Carpio even ruled against his own interest in May 2010. He was the most senior associate justice and frontrunner to succeed then-retiring CJ Reynato Puno. But he stood with the minority that Arroyo would be violating the Constitution if she named a replacement during the election ban. Although automatically considered a candidate-CJ, being among the five most senior associates, he declined the nomination. That paved the way for the midnight appointment of the second most senior, the friend who called him an adversary.
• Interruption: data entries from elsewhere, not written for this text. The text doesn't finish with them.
-- ===== src/Validator.antt =====
-- internal/config/validator.go: the validation of a configuration. `Validate` writes two defaults
-- into the configuration and collects every problem. A problem is a value that holds what its message
-- names; the texts of the messages are left out. `regexp.Compile` is a parameter.
pub mod Names
pub mod Services
pub mod Routes
pub mod Sound
mod Examples
use go_gateway.Prelude.{
  ℕ, ◌+◌, ℤ, pos, eqb_ℤ, ltb, Bool, true, false, List, [], ◌∷◌, ◌++◌, String, Option, none, some,
  Map, lookup, insert, is_nil, ◌==◌, if◌then◌else◌, ◌&&◌, ◌||◌, not,
}
use go_gateway.Config.{ServiceConfig, PluginRef, PluginDef, RouteConfig, GatewayConfig, Config}

pub data Problem : Type 0 where
  port_required : Problem
  service_name_required : (index : ℕ) → Problem
  duplicate_service : (name : String) → Problem
  unsupported_lb_strategy : (name strategy : String) → Problem
  no_instance : (name : String) → Problem
  plugin_name_required : (index : ℕ) → Problem
  route_id_required : (index : ℕ) → Problem
  duplicate_route : (id : String) → Problem
  path_required : (index : ℕ) (id : String) → Problem
  invalid_match_type : (index : ℕ) (id match_type : String) → Problem
  invalid_regex : (index : ℕ) (id : String) → Problem
  unknown_service : (index : ℕ) (id service : String) → Problem
  empty_plugin_ref : (index : ℕ) (id : String) → Problem
  unknown_plugin : (index : ℕ) (id name : String) → Problem
  same_order : (index : ℕ) (id first second : String) (order : ℤ) → Problem
  too_many_regexes : (count : ℕ) → Problem

abbrev pub Names : Type 0
Names = Map (Unit {0})

abbrev pub has {ℓ} : {V : Type ℓ} → String → Map V → Bool
has k m = elim (lookup k m) [ none ↦ false | some v ↦ true ]

-- `if test { errs = append(errs, p) }`
abbrev pub when : Bool → Problem → List Problem
when b p = if b then p ∷ [] else []

-- `validLB`
abbrev pub valid_lb : String → Bool
valid_lb s = s == "round-robin" || s == "random" || s == "smart" || s == ""

-- What the loop over the services adds for one with a name.
unfoldable pub service_problems : Names → ServiceConfig → List Problem
service_problems seen svc =
    when (has svc.name seen) (duplicate_service svc.name)
    ++ (when (not (valid_lb svc.lb_strategy)) (unsupported_lb_strategy svc.name svc.lb_strategy)
        ++ when (is_nil svc.instances) (no_instance svc.name))

-- The loop over the services, from an index and the names seen so far.
unfoldable pub check_services : ℕ → Names → List ServiceConfig → List Problem × Names
unfolding service_problems
check_services i seen [] = ([], seen)
check_services i seen (svc ∷ svcs) =
    let named = svc.name == "" in
    let (rest, names) =
      check_services (i + 1) (if named then seen else insert svc.name tt seen) svcs in
    (if named then service_name_required i ∷ rest else service_problems seen svc ++ rest, names)

-- The loop over the plugins.
unfoldable pub check_plugins : ℕ → Names → List PluginDef → List Problem × Names
check_plugins i seen [] = ([], seen)
check_plugins i seen (p ∷ ps) =
    let unnamed = p.name == "" in
    let (rest, names) =
      check_plugins (i + 1) (if unnamed then seen else insert p.name tt seen) ps in
    (if unnamed then plugin_name_required i ∷ rest else rest, names)

-- `ordersSeen[order]`
abbrev pub order_seen : ℤ → List (ℤ × String) → Option String
order_seen o [] = none
order_seen o ((p, name) ∷ m) = if eqb_ℤ p o then some name else order_seen o m

abbrev pub clash : ℕ → String → ℤ → String → Option String → List Problem
clash i id order name none = []
clash i id order name (some first) = same_order i id first name order ∷ []

-- The loop over the plugin references of a route. `ordersSeen[pr.Order] = pr.Name` overwrites: the
-- latest pair stands first.
unfoldable pub check_refs :
    {V : Type 0} → ℕ → String → Names → List (ℤ × String) → List (PluginRef V) → List Problem
check_refs i id known seen [] = []
check_refs i id known seen (pr ∷ prs) =
    let unnamed = pr.name == "" in
    let rest = check_refs i id known (if unnamed then seen else (pr.order, pr.name) ∷ seen) prs in
    if unnamed
    then empty_plugin_ref i id ∷ rest
    else when (not (has pr.name known)) (unknown_plugin i id pr.name)
      ++ (clash i id pr.order pr.name (order_seen pr.order seen) ++ rest)

-- `validMatch`
abbrev pub valid_match : String → Bool
valid_match s = s == "exact" || s == "prefix" || s == "regex"

-- The id of a route, and the ids seen after it.
abbrev pub id_problems : ℕ → Names → String → List Problem
id_problems i seen id =
    if id == "" then route_id_required i ∷ [] else when (has id seen) (duplicate_route id)

abbrev pub ids_after : Names → String → Names
ids_after seen id = if id == "" || has id seen then seen else insert id tt seen

abbrev pub fails {ℓ} : {R : Type ℓ} → Option R → Bool
fails none = true
fails (some r) = false

-- `cfg.Routes[i].MatchType = "prefix"` where it is empty.
unfoldable pub default_matches : {V : Type 0} → List (RouteConfig V) → List (RouteConfig V)
default_matches [] = []
default_matches (r ∷ rs) =
    (if r.match_type == "" then record r { match_type = "prefix" } else r) ∷ default_matches rs

abbrev pub max_regex_routes : ℕ
max_regex_routes = 20

module _ {R V : Type 0} (compile : String → Option R) where
  -- What the loop over the routes adds for one route.
  unfoldable pub route_problems : ℕ → Names → Names → Names → RouteConfig V → List Problem
  unfolding check_refs
  route_problems i services plugins seen r =
      id_problems i seen r.id
      ++ (when (r.path == "") (path_required i r.id)
          ++ (when (not (r.match_type == "") && not (valid_match r.match_type))
                (invalid_match_type i r.id r.match_type)
              ++ (when (r.match_type == "regex" && fails (compile r.path)) (invalid_regex i r.id)
                  ++ (when (not (has r.service services)) (unknown_service i r.id r.service)
                      ++ check_refs i r.id plugins [] r.plugins))))

  -- The loop over the routes: the problems, and the regex routes counted.
  unfoldable pub check_routes : ℕ → Names → Names → Names → List (RouteConfig V) → List Problem × ℕ
  unfolding route_problems
  check_routes i services plugins seen [] = ([], 0)
  check_routes i services plugins seen (r ∷ rs) =
      let (rest, count) = check_routes (i + 1) services plugins (ids_after seen r.id) rs in
      (
        route_problems i services plugins seen r ++ rest,
        (if r.match_type == "regex" then count + 1 else count),
      )

  -- `Validate`: the configuration after it, and the problems; the result is nil if there are none.
  unfoldable pub validate : Config V → Config V × List Problem
  unfolding check_services check_plugins check_routes default_matches
  validate cfg =
      let (service_errs, services) = check_services 0 [] cfg.services in
      let (plugin_errs, plugins) = check_plugins 0 [] cfg.plugins in
      let (route_errs, regex_count) = check_routes 0 services plugins [] cfg.routes in
      (
        record cfg {
          gateway =
              if eqb_ℤ cfg.gateway.max_concurrent (pos 0)
              then record cfg.gateway { max_concurrent = pos 1000 }
              else cfg.gateway;
          routes = default_matches cfg.routes;
        },
        when (eqb_ℤ cfg.gateway.port (pos 0)) port_required
            ++ (service_errs
                ++ (plugin_errs
                    ++ (route_errs
                        ++ when (ltb max_regex_routes regex_count)
                            (too_many_regexes regex_count)))),
      )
President Noynoy Aquino was among the senators in 2010 who opposed the midnight appointment, in vain. He has since said of Carpio: “In some cases we agree; in others we don’t.” Perhaps their strongest points of oneness are in Carpio’s:

• resistance to the 2010 quashing of Aquino’s Truth Commission;

• voting in 2011 against the restraint on the House of Reps from impeaching then-Ombudsman Merceditas Gutierrez; and

• dissenting in the 2011 restraint on the justice department’s travel watch on spouses Gloria and Mike Arroyo.

In 2005 Carpio led in declaring unconstitutional the Mining Act of 1995 for not collecting just shares from profits of mining firms. The SC eventually reversed itself, but Carpio stood his ground and dissented. Today, to correct the law’s lapse, the Aquino administration is imposing a five-percent government cut in mining revenues.

A point of disagreement is in Carpio’s dissent against Aquino’s appointment of temporary officials other than governor of the Autonomous Region for Muslim Mindanao.

If Carpio is appointed CJ, there would then be a vacancy for another associate justice. Prominently mentioned are law school dean Amado Valdez and prominent lawyer Katrina Legarda. Having been nominated before, both already have passed interviews and psychiatric tests.